The #1 Nuclear State in America Can't Figure Out How to Sell Power to Data Centers
A research brief on the collision between AI infrastructure ambition, grid constraints, and regulatory paralysis in the nation’s #1 nuclear state
Illinois ranks fourth in the U.S. by number of data centers — more than 220 sites (estimates range from 222 to 244 depending on the source), concentrated in and around Chicago. The state generates more nuclear power than any other, operates top-tier fiber routes, and sits on flat, buildable land with access to Great Lakes water. On paper, it should be one of the best data center markets in America.
Instead, it’s becoming one of the most contested.
In the past 90 days, at least six Illinois communities have imposed moratoriums, rejected proposals, or held packed public meetings opposing data center development. The governor has reversed course on tax incentives he signed into law in 2019. A sweeping regulatory bill — the POWER Act — is working through committee. And behind all of it sits a basic, unresolved problem: the grid cannot support what’s being proposed.
This brief maps the full picture — the projects, the grid math, the regulatory landscape, and the community dynamics — for anyone trying to understand what’s actually happening in Illinois.
The Grid Math
A December 2025 state resource adequacy study projects power shortfalls beginning in the Commonwealth Edison (ComEd) service territory in northern Illinois by 2029, and in Ameren’s downstate territory by 2031.
The numbers behind those shortfalls:
Illinois data centers currently operate roughly 1,200 MW of capacity, consuming approximately 12 TWh/year — enough to power 1.1 million homes.
An additional ~3,900 MW of new capacity is in the planning pipeline across 22 proposed projects.
ComEd has received over 75 data center interconnection applications totaling more than 28 GW of combined load.
AI development alone is expected to drive power demand in the Chicago area up by as much as 900%.
The Union of Concerned Scientists estimates data centers could account for 64–72% of energy demand growth in Illinois by 2030.
Projected system costs tied to data center growth: $24–37 billion through 2050.
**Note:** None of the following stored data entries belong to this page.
-- ===== src/Database/Services.antt =====
-- The methods of a Database that make calls with its connection (ext/sqlite3/database.c).
use sqlite3_ruby.Base.{◌≡◌, refl, Bool, Option, some, arith, sym, Option-cases, inl, inr, ◌∙◌}
use sqlite3_ruby.Values.{Ptr, Bytes, Value}
use sqlite3_ruby.Env.{Sqlite, Ruby, exec_sql}
use sqlite3_ruby.Machine.{World, M, Run, ok, raise, fault, out_of_fuel, and_then, final}
use sqlite3_ruby.Callbacks.{enter}
use sqlite3_ruby.Callbacks.Keeping.{enter-Kept}
use sqlite3_ruby.Errors.Raise.{rb_sqlite3_raise_msg}
use sqlite3_ruby.Database.Hooks.{
  trace, busy_handler, set_authorizer, set_busy_timeout, set_extended_result_codes,
}
use sqlite3_ruby.Database.Timeout.{set_statement_timeout}
use sqlite3_ruby.Database.Conversion.{define_function_with_flags, collation}
use sqlite3_ruby.Aggregator.Define.{rb_sqlite3_define_aggregator2}
use sqlite3_ruby.Database.Queries.{interrupt, load_extension_internal, enable_load_extension_m}
use sqlite3_ruby.Database.Open.{rb_sqlite3_disable_quirk_mode}
use sqlite3_ruby.Database.Batch.{exec_batch}
use sqlite3_ruby.Statement.Prepare.{prepare}
use sqlite3_ruby.Database.Calling.{prepare-Served, called-Served}
use sqlite3_ruby.Database.Serving.{
  Served, trace-Served, busy_handler-Served, set_authorizer-Served, set_busy_timeout-Served,
  set_statement_timeout-Served, set_extended_result_codes-Served, define_function_with_flags-Served,
  rb_sqlite3_define_aggregator2-Served, collation-Served, interrupt-Served,
  load_extension_internal-Served, enable_load_extension_m-Served,
  rb_sqlite3_disable_quirk_mode-Served,
}
use sqlite3_ruby.Database.Attaching.{raise_pure}
use mathlib.Core.Path.{subst}

-- The methods of an object that make calls with its connection, and the prepare of a statement.
pub data Service : Type 0 where
  use_trace use_busy_handler : Option Value → Option Value → Service
  use_authorizer use_busy_timeout use_statement_timeout use_extended_codes : Value → Service
  use_function : Bytes → Value → Value → Service
  use_aggregator : Value → Bytes → Service
  use_collation : Bytes → Value → Service
  use_interrupt use_quirk_mode : Service
  use_load_extension : Bytes → Service
  use_enable_extension : Value → Service
  use_exec_batch : Bytes → Bool → Service
  use_prepare : Ptr → Bytes → Service

pub batch_rest :
    {A B : Type 0} (m : Run A) (k : A → M B)
    → ((a : A) (v : World) → final (k a v) ≡ v)
    → final (and_then m k) ≡ final m
batch_rest (ok a v) k h = h a v
batch_rest (raise x v) k h = refl
batch_rest (fault v) k h = refl
batch_rest (out_of_fuel v) k h = refl

module _ ⦃lib : Sqlite⦄ ⦃rb : Ruby⦄ (self : Ptr) where
  -- The state after the method, whether it returned or not.
  unfoldable pub serve : Service → World → World
  serve (use_trace arg given) w = final (trace self arg given w)
  serve (use_busy_handler arg given) w = final (busy_handler self arg given w)
  serve (use_authorizer v) w = final (set_authorizer self v w)
  serve (use_busy_timeout v) w = final (set_busy_timeout self v w)
  serve (use_statement_timeout v) w = final (set_statement_timeout self v w)
  serve (use_extended_codes v) w = final (set_extended_result_codes self v w)
  serve (use_function name flags block) w =
      final (define_function_with_flags self name flags block w)
  serve (use_aggregator v name) w = final (rb_sqlite3_define_aggregator2 self v name w)
  serve (use_collation name v) w = final (collation self name v w)
  serve use_interrupt w = final (interrupt self w)
  serve use_quirk_mode w = final (rb_sqlite3_disable_quirk_mode self w)
  serve (use_load_extension file) w = final (load_extension_internal self file w)
  serve (use_enable_extension v) w = final (enable_load_extension_m self v w)
  serve (use_exec_batch sql as_hash) w = final (exec_batch self sql as_hash w)
  serve (use_prepare stmt sql) w = final (prepare stmt self sql w)

  -- exec_batch ends in the state in which sqlite3_exec and its callbacks end.
  pub batch_final :
      (db : Ptr) (sql : Bytes) (as_hash : Bool) (w : World)
      → (w.databases self).db ≡ some db
      → final (exec_batch self sql as_hash w) ≡ final (enter (exec_sql db sql) w)
  unfolding exec_batch
  batch_final db sql as_hash w e = rw e (
      batch_rest (enter (exec_sql db sql) w) _ λ status v.
        batch_rest (rb_sqlite3_raise_msg status (lib.err_msg_out v.log) v) _ (λ _ u. refl)
        ∙ raise_pure status (lib.err_msg_out v.log) v)

  exec_batch-Served :
      (sql : Bytes) (as_hash : Bool) (w : World)
      → Served self w (final (exec_batch self sql as_hash w))
  unfolding exec_batch
  exec_batch-Served sql as_hash w = elim (Option-cases (w.databases self).db) [
    | inl e ↦ rw e (record { same = λ q. refl; opens = λ c. refl; served = λ h k. k })
    | inr (db, e) ↦
        let k = enter-Kept (exec_sql db sql) w in
        subst (Served self w) (sym (batch_final db sql as_hash w e))
          (called-Served self (exec_sql db sql) w _ (λ p. refl) (ground (arith, e)) k)
  ]

  pub serve-Served : (s : Service) (w : World) → Served self w (serve s w)
  unfolding serve
  serve-Served (use_trace arg given) w = trace-Served self arg given w
  serve-Served (use_busy_handler arg given) w = busy_handler-Served self arg given w
  serve-Served (use_authorizer v) w = set_authorizer-Served self v w
  serve-Served (use_busy_timeout v) w = set_busy_timeout-Served self v w
  serve-Served (use_statement_timeout v) w = set_statement_timeout-Served self v w
  serve-Served (use_extended_codes v) w = set_extended_result_codes-Served self v w
  serve-Served (use_function name flags block) w =
      define_function_with_flags-Served self name flags block w
  serve-Served (use_aggregator v name) w = rb_sqlite3_define_aggregator2-Served self v name w
  serve-Served (use_collation name v) w = collation-Served self name v w
  serve-Served use_interrupt w = interrupt-Served self w
  serve-Served use_quirk_mode w = rb_sqlite3_disable_quirk_mode-Served self w
  serve-Served (use_load_extension file) w = load_extension_internal-Served self file w
  serve-Served (use_enable_extension v) w = enable_load_extension_m-Served self v w
  serve-Served (use_exec_batch sql as_hash) w = exec_batch-Served sql as_hash w
  serve-Served (use_prepare stmt sql) w = prepare-Served self stmt sql w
The impact on consumers is already measurable. The capacity portion of a typical ComEd residential bill jumped from roughly $0.91/month in mid-2024 to approximately $8.00/month by mid-2025 — an increase exceeding 775%. Statewide, electricity costs rose about 15% between 2024 and 2025, compared to a national average of 4.5%. The Citizens Utility Board estimates Chicago-area electric bills could rise another $70 within three years, driven primarily by data center demand.
Adding pressure: the PJM interconnection queue — the pipeline through which new generation connects to the northern Illinois grid — has been frozen since late 2025 due to a backlog exceeding 200 GW, and won’t reopen until April 2026. Ameren, which serves downstate, has over 1,700 projects waiting in its own queue and won’t fully transition to concurrent (parallel) application review until January 2027.
Meanwhile, planned retirements of coal, gas, and oil generators across both PJM and MISO territories are shrinking available supply at precisely the moment demand is surging.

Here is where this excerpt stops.